А.Я.:Можно ли рассматривать ваши стихи и романы в качестве художественных акций?
Д.А.П.:Все мои занятия происходят в общепринятых, конвенциональных рамках данного вида деятельности. Когда я пишу стихи и они попадают к читателям, которым совершенно безразлично, как именно и в сумме с чем они сосуществуют в пределах моей деятельности, то это просто стихи. Если роман попадает в руки к любителю романов, то есть такого вида текстов, ему совершенно необязательно знать, чем я там еще занимаюсь. Но для меня все эти виды деятельности являются частью большого проекта под названием ДАП — Дмитрий Александрович Пригов. Внутри же этого цельного проекта все виды деятельности играют чуть-чуть иную роль. То есть они есть некоторые указатели на ту центральную зону, откуда они все исходят. И в этом смысле они суть простые отходы деятельности этого центрального фантома. В будущем, может быть, возникнет специальная оптика для отслеживания данного фантома. Пока же она отсутствует, посему почти невозможно следить и запечатлевать эту центральную — фантомную, поведенческую, стратегическую — зону деятельности. Современное литературоведение обладает оптикой слежения только за текстами. А когда оно смотрит в эту самую обозначенную центральную зону, перед ним просто несфокусированное мутное пятно. Литературоведы не могут ничего разобрать. Посему они и занимаются отдельными окаменевшими текстами. Но если со временем наука или исследователи изобретут оптику, которая могла бы считывать вот эту центральную зону, тогда все остальное, как и было сказано, предстанет им как пусть порой и привлекательные и даже кажущиеся самоотдельными, но все-таки случайные отходы деятельности вот этой центральной зоны, где происходят основные поведенческие события. Возможно, все это лишь мои личные фантазмы — и слава Богу. Останутся какие-то там плохие или не очень плохие романы, стихи, картины.

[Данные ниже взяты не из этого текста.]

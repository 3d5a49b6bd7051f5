-- ===== src/Compose/Commands.antt =====
-- The commands of compose.go over containers: Up, Stop, Start, Kill, Restart, Rm, Down, Ps and Pull.
-- Messages
-- are left out.
use thrive.Prelude.{
  ℕ, Bool, true, false, not, ◌&&◌, Option, none, some, List, [], ◌∷◌, ◌++◌, Text, text, ◌=ᵗ◌, Dict,
  lookup, keys, is_empty, ltb, cut, if◌then◌else◌,
}
use thrive.Compose.{ServiceDef, ComposeFile, filter_services}
use thrive.Compose.StartOrder.{ok, err, start_order}
use thrive.Compose.Ports.{parse_compose_ports}
use thrive.Compose.Names.{service_ids, replica_id}
use thrive.Compose.Engine.{
  Mount, ContainerConfig, Engine, CommandError, no_image, pull_failed, create_failed, start_failed,
  state_failed, kill_failed, delete_failed, still_running, network_failed, volume_failed,
  order_failed, for_each, indices,
}

pub record ServiceStatus : Type 0 where
  pub name : Text
  pub id : Text
  pub status : Text

unfoldable pub env_vars : Dict Text → List Text
env_vars [] = []
env_vars ((k, v) ∷ environment) = (k ++ b'=' ∷ v) ∷ env_vars environment

abbrev pub first_network : List Text → Text
first_network [] = []
first_network (n ∷ networks) = n

-- scales[name], at least one.
abbrev pub replicas_of : Dict ℕ → Text → ℕ
replicas_of scales name = elim (lookup name scales) [ none ↦ 1 | some n ↦ if ltb n 1 then 1 else n ]

module _ {W : Type 0} (engine : Engine W) where
  unfoldable pub check : CommandError → W × Bool → W × Option CommandError
  check e (w, done) = (w, if done then none else some e)

  unfoldable pub parse_compose_volumes : List Text → W → W × List Mount
  parse_compose_volumes [] w = (w, [])
  parse_compose_volumes (spec ∷ specs) w = elim (cut b':' spec) [
    | none ↦
        let (v, mounts) = parse_compose_volumes specs w in
        (
          v,
          record { source = spec; destination = spec; mount_type = text "bind"; options = [] }
              ∷ mounts,
        )
    | some (src, dest) ↦
        let ensured : W × Option Text =
          if engine.is_named_volume src then engine.ensure_volume src w else (w, none) in
        let path = elim ensured.1 as (λ _. Text) [ none ↦ src | some p ↦ p ] in
        let (v, mounts) = parse_compose_volumes specs ensured.0 in
        (
          v,
          record {
            source = path;
            destination = dest;
            mount_type = text "bind";
            options = text "rbind" ∷ [];
          }
              ∷ mounts,
        )
  ]

  abbrev pub config_of : Text → ServiceDef → List Mount → ContainerConfig
  config_of id svc mounts = record {
    id = id;
    image = svc.image;
    command = svc.command;
    env = env_vars svc.environment;
    ports = parse_compose_ports svc.ports;
    mounts = mounts;
    network_mode = first_network svc.networks;
    restart_policy = if is_empty svc.restart then none else engine.parse_restart_policy svc.restart;
  }

  -- The pull, the creation and the start of a replica.
  unfoldable pub start_service_at : Text → Text → ServiceDef → ℕ → W → W × Option CommandError
  start_service_at project name svc index w =
      let id = replica_id project name index in
      let (pulled, has_image) = engine.pull svc.image w in
      let (mounted, mounts) = parse_compose_volumes svc.volumes pulled in
      let (created, made) = engine.create (config_of id svc mounts) mounted in
      if is_empty svc.image
      then (w, some (no_image name))
      else if not has_image
      then (pulled, some (pull_failed svc.image))
      else if not made
      then (created, some (create_failed name))
      else check (start_failed name) (engine.start id created)

  unfoldable pub ensure_network : Text → W → W × Option CommandError
  ensure_network name w =
      let (v, found) = engine.has_network name w in
      if found then (v, none) else check (network_failed name) (engine.create_network name v)

  unfoldable pub ensure_volume : Text → W → W × Option CommandError
  ensure_volume name w =
      let (v, path) = engine.ensure_volume name w in
      (v, elim path [ none ↦ some (volume_failed name) | some p ↦ none ])

  unfoldable pub ensure_resources : ComposeFile → W → W × Option CommandError
  ensure_resources cf w =
      let (v, e) = for_each (keys cf.networks) ensure_network w in
      elim e [ some error ↦ (v, some error) | none ↦ for_each (keys cf.volumes) ensure_volume v ]

  -- The body of the loop over the order. Every name in it is a service; one that is none would be a nil
  -- dereference, and is an error here.
  unfoldable pub up_service : ComposeFile → Text → Dict ℕ → Text → W → W × Option CommandError
  up_service cf project scales name w = elim (lookup name cf.services) [
    | none ↦ (w, some (no_image name))
    | some svc ↦
        for_each (indices 1 (replicas_of scales name)) (λ i. start_service_at project name svc i) w
  ]

  unfoldable pub up_scaled : ComposeFile → Text → Dict ℕ → W → W × Option CommandError
  up_scaled cf project scales w =
      let (v, e) = ensure_resources cf w in
      elim e [
        | some error ↦ (v, some error)
        | none ↦ elim (start_order cf) [
          | err error ↦ (v, some (order_failed error))
          | ok s ↦ for_each s.result (up_service cf project scales) v
        ]
      ]

  abbrev pub up : ComposeFile → Text → W → W × Option CommandError
  up cf project w = up_scaled cf project [] w

  unfoldable pub pull_service : ComposeFile → Text → W → W × Option CommandError
  pull_service cf name w = elim (lookup name cf.services) [
    | none ↦ (w, none)
    | some svc ↦
        if is_empty svc.image then (w, none) else check (pull_failed name) (engine.pull svc.image w)
  ]

  unfoldable pub pull : ComposeFile → List Text → W → W × Option CommandError
  pull cf targets w = for_each (filter_services cf targets) (pull_service cf) w

  -- A command on each container of each service that is named.
  unfoldable pub on_containers :
      List Text → Text → (Text → Text → W → W × Option CommandError) → W → W × Option CommandError
  on_containers names project f w =
      for_each names (λ name v. for_each (service_ids (engine.entries v) project name) (f name) v) w

  abbrev pub is_running : Option Text → Bool
  is_running none = false
  is_running (some status) = status =ᵗ text "running"

  -- SIGTERM, the wait up to the deadline, SIGKILL, and the wait for the state.
  unfoldable pub stop_one : ℕ → Text → Text → W → W × Option CommandError
  stop_one timeout name id w =
      let (v, status) = engine.state id w in
      let waited = engine.await_stopped id timeout (engine.kill id 15 v).0 in
      if is_running status then (engine.wait id (engine.kill id 9 waited).0, none) else (v, none)

  unfoldable pub stop : ComposeFile → Text → List Text → ℕ → W → W × Option CommandError
  stop cf project targets timeout w =
      on_containers (filter_services cf targets) project (stop_one timeout) w

  unfoldable pub start_one : Text → Text → W → W × Option CommandError
  start_one name id w =
      let (v, status) = engine.state id w in
      elim status [
        | none ↦ (v, some (state_failed name))
        | some s ↦
            let (u, reset) : W × Bool =
              if s =ᵗ text "created" then (v, true) else engine.reset_to_created id v in
            if s =ᵗ text "running"
            then (v, none)
            else if reset
            then check (start_failed name) (engine.start id u)
            else (u, some (start_failed name))
      ]

  unfoldable pub start : ComposeFile → Text → List Text → W → W × Option CommandError
  start cf project targets w = on_containers (filter_services cf targets) project start_one w

  unfoldable pub kill_one : ℕ → Text → Text → W → W × Option CommandError
  kill_one sig name id w =
      let (v, status) = engine.state id w in
      if is_running status then check (kill_failed name) (engine.kill id sig v) else (v, none)

  unfoldable pub kill : ComposeFile → Text → List Text → ℕ → W → W × Option CommandError
  kill cf project targets sig w =
      on_containers (filter_services cf targets) project (kill_one sig) w

  unfoldable pub restart : ComposeFile → Text → List Text → ℕ → W → W × Option CommandError
  restart cf project targets timeout w =
      let (v, e) = stop cf project targets timeout w in
      elim e [ some error ↦ (v, some error) | none ↦ start cf project targets v ]

  unfoldable pub rm_one : Bool → Text → Text → W → W × Option CommandError
  rm_one force name id w =
      let (v, status) = engine.state id w in
      elim status [
        | none ↦ (v, none)
        | some s ↦
            let killed = if s =ᵗ text "running" then (engine.kill id 9 v).0 else v in
            if (s =ᵗ text "running") && not force
            then (v, some (still_running name))
            else check (delete_failed name) (engine.delete id killed)
      ]

  unfoldable pub rm : ComposeFile → Text → List Text → Bool → W → W × Option CommandError
  rm cf project targets force w =
      on_containers (filter_services cf targets) project (rm_one force) w

  -- `Down` goes on after an error and keeps the first one.
  unfoldable pub down_ids : Text → List Text → W × Option CommandError → W × Option CommandError
  down_ids name [] p = p
  down_ids name (id ∷ ids) (w, e) =
      let (v, status) = engine.state id w in
      let signalled = if is_running status then (engine.kill id 15 v).0 else v in
      let (u, deleted) = engine.delete id signalled in
      let first : Option CommandError = elim e [
        | some error ↦ some error
        | none ↦ some (delete_failed name)
      ] in
      down_ids name ids (elim status [ none ↦ (v, e) | some s ↦ (u, if deleted then e else first) ])

  unfoldable pub down_names : List Text → Text → W × Option CommandError → W × Option CommandError
  down_names [] project p = p
  down_names (name ∷ names) project p =
      down_names names project (down_ids name (service_ids (engine.entries p.0) project name) p)

  unfoldable pub down : ComposeFile → Text → W → W × Option CommandError
  down cf project w = down_names (keys cf.services) project (w, none)

  abbrev pub start_service : Text → Text → ServiceDef → W → W × Option CommandError
  start_service project name svc w = start_service_at project name svc 1 w

  -- The statuses of the containers of a service, and of all services.
  unfoldable pub ps_ids : Text → List Text → W → W × List ServiceStatus
  ps_ids name [] w = (w, [])
  ps_ids name (id ∷ ids) w =
      let (v, found) = engine.state id w in
      let status = elim found as (λ _. Text) [ none ↦ text "not started" | some s ↦ s ] in
      let (u, rest) = ps_ids name ids v in
      (u, record { name = name; id = id; status = status } ∷ rest)

  unfoldable pub ps_names : List Text → Text → W → W × List ServiceStatus
  ps_names [] project w = (w, [])
  ps_names (name ∷ names) project w =
      let (v, first) = ps_ids name (service_ids (engine.entries w) project name) w in
      let (u, rest) = ps_names names project v in (u, first ++ rest)

  unfoldable pub ps : ComposeFile → Text → W → W × List ServiceStatus
  ps cf project w = ps_names (keys cf.services) project w
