-- ===== src/Compose/StartOrder/Loop.antt =====
-- The invariant of the search.
use thrive.Prelude.{
  ℕ, zero, suc, ◌≡◌, refl, ◌⊎◌, inl, inr, true, false, ◌||◌, none, some, Option-cases, Bool-cases,
  List, [], ◌∷◌, ◌++◌, arith, Text, ◌=ᵗ◌, eq_iff, eq_refl, lookup, keys, contains, contains-snoc,
  contains-keys, add_key, contains-add_key, IsNodup, IsNodup-snoc, if◌then◌else◌,
}
use thrive.Compose.{ComposeFile, ServiceDef}
use thrive.Compose.StartOrder.{
  VisitError, Search, Visit, ok, err, and_then, clear, visit_all, finish, visit, start,
}

-- `svc.DependsOn` of a name.
abbrev pub depends : ComposeFile → Text → List Text
depends cf name = elim (lookup name cf.services) [ none ↦ [] | some svc ↦ svc.depends_on ]

-- Each name stands behind all that it depends on.
abbrev pub IsOrdered : ComposeFile → List Text → List Text → Type 0
IsOrdered cf seen [] = Unit
IsOrdered cf seen (x ∷ xs) =
    ((d : Text) → contains (depends cf x) d ≡ true → contains seen d ≡ true)
    × IsOrdered cf (x ∷ seen) xs

IsOrdered-snoc :
    (cf : ComposeFile) (seen xs : List Text) (n : Text)
    → IsOrdered cf seen xs
    → ((d : Text) → contains (depends cf n) d ≡ true → (contains seen d || contains xs d) ≡ true)
    → IsOrdered cf seen (xs ++ n ∷ [])
unfolding contains
IsOrdered-snoc cf seen [] n h new = (λ d k. ground (arith, new d k), tt)
IsOrdered-snoc cf seen (x ∷ xs) n h new =
    (h.0, IsOrdered-snoc cf (x ∷ seen) xs n h.1 (λ d k. ground (arith, new d k)))

pub record Inv (cf : ComposeFile) (s : Search) : Type 0 where
  pub same : (a : Text) → contains s.visited a ≡ contains s.result a
  pub once : IsNodup s.result
  pub known : (a : Text) → contains s.result a ≡ true → contains (keys cf.services) a ≡ true
  pub ordered : IsOrdered cf [] s.result

pub Inv-start : (cf : ComposeFile) → Inv cf start
unfolding contains
Inv-start cf = record { same = λ a. refl; once = tt; known = λ a h. cc; ordered = tt }

-- What a successful visit does: the stack is as before, finished names stay finished, and no name
-- on the stack is finished.
pub record Extends (cf : ComposeFile) (s t : Search) : Type 0 where
  pub inv : Inv cf t
  pub stack : (a : Text) → contains t.in_stack a ≡ contains s.in_stack a
  pub grows : (a : Text) → contains s.result a ≡ true → contains t.result a ≡ true
  pub keeps : (a : Text) → contains s.in_stack a ≡ true → contains t.result a ≡ contains s.result a

Extends-refl : (cf : ComposeFile) (s : Search) → Inv cf s → Extends cf s s
Extends-refl cf s h = record { inv = h; stack = λ a. refl; grows = λ a m. m; keeps = λ a m. refl }

Extends-trans :
    (cf : ComposeFile) (s t u : Search) → Extends cf s t → Extends cf t u → Extends cf s u
Extends-trans cf s t u h k = record {
  inv = k.inv;
  stack = λ a. ground (arith, h.stack a, k.stack a);
  grows = λ a m. k.grows a (h.grows a m);
  keeps = λ a m. ground (arith, h.stack a, h.keeps a, k.keeps a);
}

pub and_then-eq-ok :
    (m : Visit) (k : Search → Visit) {t : Search}
    → and_then m k ≡ ok t
    → (u : Search) × (m ≡ ok u) × (k u ≡ ok t)
and_then-eq-ok (ok u) k h = (u, refl, h)
and_then-eq-ok (err e) k h = cc

contains-clear :
    (n : Text) (xs : List Text) (a : Text)
    → contains (clear n xs) a ≡ (if n =ᵗ a then false else contains xs a)
unfolding clear contains
contains-clear n [] a = ground arith
contains-clear n (x ∷ xs) a =
    ground (arith, contains-clear n xs a, eq_iff x n, eq_iff n a, eq_iff x a)

-- What a successful call of `visit name` gives.
abbrev pub Visits : ComposeFile → (Text → Search → Visit) → Type 0
Visits cf v =
    (name : Text) (s t : Search)
    → Inv cf s
    → v name s ≡ ok t
    → Extends cf s t × (contains t.result name ≡ true)

pub Visit-cases : (r : Visit) → ((u : Search) × (r ≡ ok u)) ⊎ ((x : VisitError) × (r ≡ err x))
Visit-cases (ok u) = inl (u, refl)
Visit-cases (err x) = inr (x, refl)

pub visit_all-Extends :
    (cf : ComposeFile) (v : Text → Search → Visit)
    → Visits cf v
    → (ds : List Text) (s t : Search) → Inv cf s
    → visit_all v ds s ≡ ok t
    → Extends cf s t × ((d : Text) → contains ds d ≡ true → contains t.result d ≡ true)
unfolding visit_all contains
visit_all-Extends cf v rule [] s t h e =
    let same : s ≡ t = ground arith in rw (← same) (Extends-refl cf s h, λ d m. cc)
visit_all-Extends cf v rule (d ∷ ds) s t h e =
    let (u, first, rest) = and_then-eq-ok (v d s) (visit_all v ds) e in
    let (ext, done) = rule d s u h first in
    let (ext', all) = visit_all-Extends cf v rule ds u t ext.inv rest in
    (Extends-trans cf s u t ext ext', λ a m. ground (arith, all a, ext'.grows a, eq_iff d a))

abbrev pub enter : Text → Search → Search
enter name s = record s { in_stack = name ∷ s.in_stack }

pub enter-Inv : (cf : ComposeFile) (name : Text) (s : Search) → Inv cf s → Inv cf (enter name s)
enter-Inv cf name s h = record {
  same = h.same;
  once = h.once;
  known = h.known;
  ordered = h.ordered;
}

finish-Extends :
    (cf : ComposeFile) (name : Text) (svc : ServiceDef) (s u t : Search)
    → Inv cf s
    → lookup name cf.services ≡ some svc
    → contains s.in_stack name ≡ false
    → contains s.visited name ≡ false
    → Extends cf (enter name s) u
    → ((d : Text) → contains svc.depends_on d ≡ true → contains u.result d ≡ true)
    → finish name u ≡ ok t
    → Extends cf s t × (contains t.result name ≡ true)
unfolding contains
finish-Extends cf name svc s u t h found off new ext all e =
    let made : record {
      visited = add_key u.visited name;
      in_stack = clear name u.in_stack;
      result = u.result ++ name ∷ [];
    }
        ≡ t =
      ground arith in
    let fresh : contains u.result name ≡ false =
      ground (arith, ext.keeps name, h.same name, eq_refl name) in
    rw (← made) (
      record {
        inv = record {
          same = λ a. ground (
            arith,
            contains-add_key u.visited name a,
            contains-snoc u.result name a,
            ext.inv.same a,
          );
          once = IsNodup-snoc u.result name fresh ext.inv.once;
          known = λ a m. ground (
            arith,
            contains-snoc u.result name a,
            ext.inv.known a,
            eq_iff name a,
            contains-keys cf.services name svc,
          );
          ordered =
              IsOrdered-snoc cf [] u.result name ext.inv.ordered (λ d k. ground (arith, all d));
        };
        stack = λ a. ground (arith, contains-clear name u.in_stack a, ext.stack a, eq_iff name a);
        grows = λ a m. ground (arith, contains-snoc u.result name a, ext.grows a);
        keeps = λ a m. ground (arith, contains-snoc u.result name a, ext.keeps a, eq_iff name a);
      },
      ground (arith, contains-snoc u.result name name, eq_refl name),
    )

pub visit-Extends : (cf : ComposeFile) (fuel : ℕ) → Visits cf (visit cf fuel)
unfolding visit
visit-Extends cf zero name s t h e = cc
visit-Extends cf (suc fuel) name s t h e = elim (Bool-cases (contains s.in_stack name)) [
  | inl on ↦ ground arith
  | inr off ↦ elim (Bool-cases (contains s.visited name)) [
    | inl seen ↦
        let same : s ≡ t = ground arith in
        rw (← same) (Extends-refl cf s h, ground (arith, h.same name))
    | inr new ↦ elim (Option-cases (lookup name cf.services)) [
      | inl missing ↦ ground arith
      | inr (svc, found) ↦
          let ran : and_then (visit_all (visit cf fuel) svc.depends_on (enter name s)) (finish name)
              ≡ ok t =
            rw (off, new, found) at e in
          let (u, all, last) =
            and_then-eq-ok (visit_all (visit cf fuel) svc.depends_on (enter name s)) (finish name)
              ran in
          let (ext, done) =
            visit_all-Extends cf (visit cf fuel) (visit-Extends cf fuel) svc.depends_on
              (enter name s) u (enter-Inv cf name s h) all in
          finish-Extends cf name svc s u t h found off new ext done last
    ]
  ]
]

А.Я.:В последнее время появилось много текстов, написанных художниками, — такими, как Файбисович, Брускин, Пивоваров. Что вы можете сказать об этом явлении?
Д.А.П.:Прежде всего, я хочу обратить внимание на то, что круг перечисленных имен сразу локализуется в очень небольшом секторе — концептуализма или постконцептуализма. Это художники, которые и до написания данных текстов и публикации их в качестве литературных произведений всегда работали с языком. Язык и всевозможные писания входили в их изобразительные проекты. Скажем, у Кабакова все его инсталляции переполнены текстами, которые надо читать, двигаясь внутри инсталляции. Огромное количество текстов. У Пивоварова также есть альбомы текстов с рисунками. У Пепперштейна 50 % его работ — просто вербальные, Брускин — тоже изначально вводит надписи в свои работы, а в одной из работ он просто использует тексты Рубинштейна. Соответственно, когда я работаю над своими визуальными проектами, тоже включаю туда огромное количество вербального материала. Таким образом, тексты всегда присутствовали в работах этих художников, но они всегда были обозначаемы как принадлежащие к сфере визуального искусства, были назначаемы объектами визуального искусства. Сейчас же просто те же самые художники взяли подобные тексты, назначили их литературными произведениями и публикуют в подобном качестве. То есть у этой группы художников просто несколько иное отношение к языку.
Известны многочисленные случаи литературного творчества художников всех времен — но это другой тип литературного творчества. Для «традиционных» авторов вполне самоотдельны их литературные и художественные произведения. Это как инженер может тоже, к примеру, писать. Или летчик полетал, полетал и написал роман. У названных же художников текст имеет совсем другой смысл. Текст у них не отделен, он не существует в другой, невизуальной сфере — это их постоянный род деятельности, это постоянная их забота именно в пределах работы в визуальном искусстве.
А.Я.:У этих художников всегда присутствовал в творчестве текст — как составная часть их самовыражения?
Д.А.П.:Ну, только когда они занялись концептуальной деятельностью, которая позволяла и даже потребовала присутствия текстов внутри визуальных объектов. Если не заниматься концептуальным искусством, то вся визуальность вполне и даже очень отделена от вербальности. В пределах этого понимания изобразительного искусства вербальность присутствует только в текстах искусствоведов либо в пояснениях самого художника.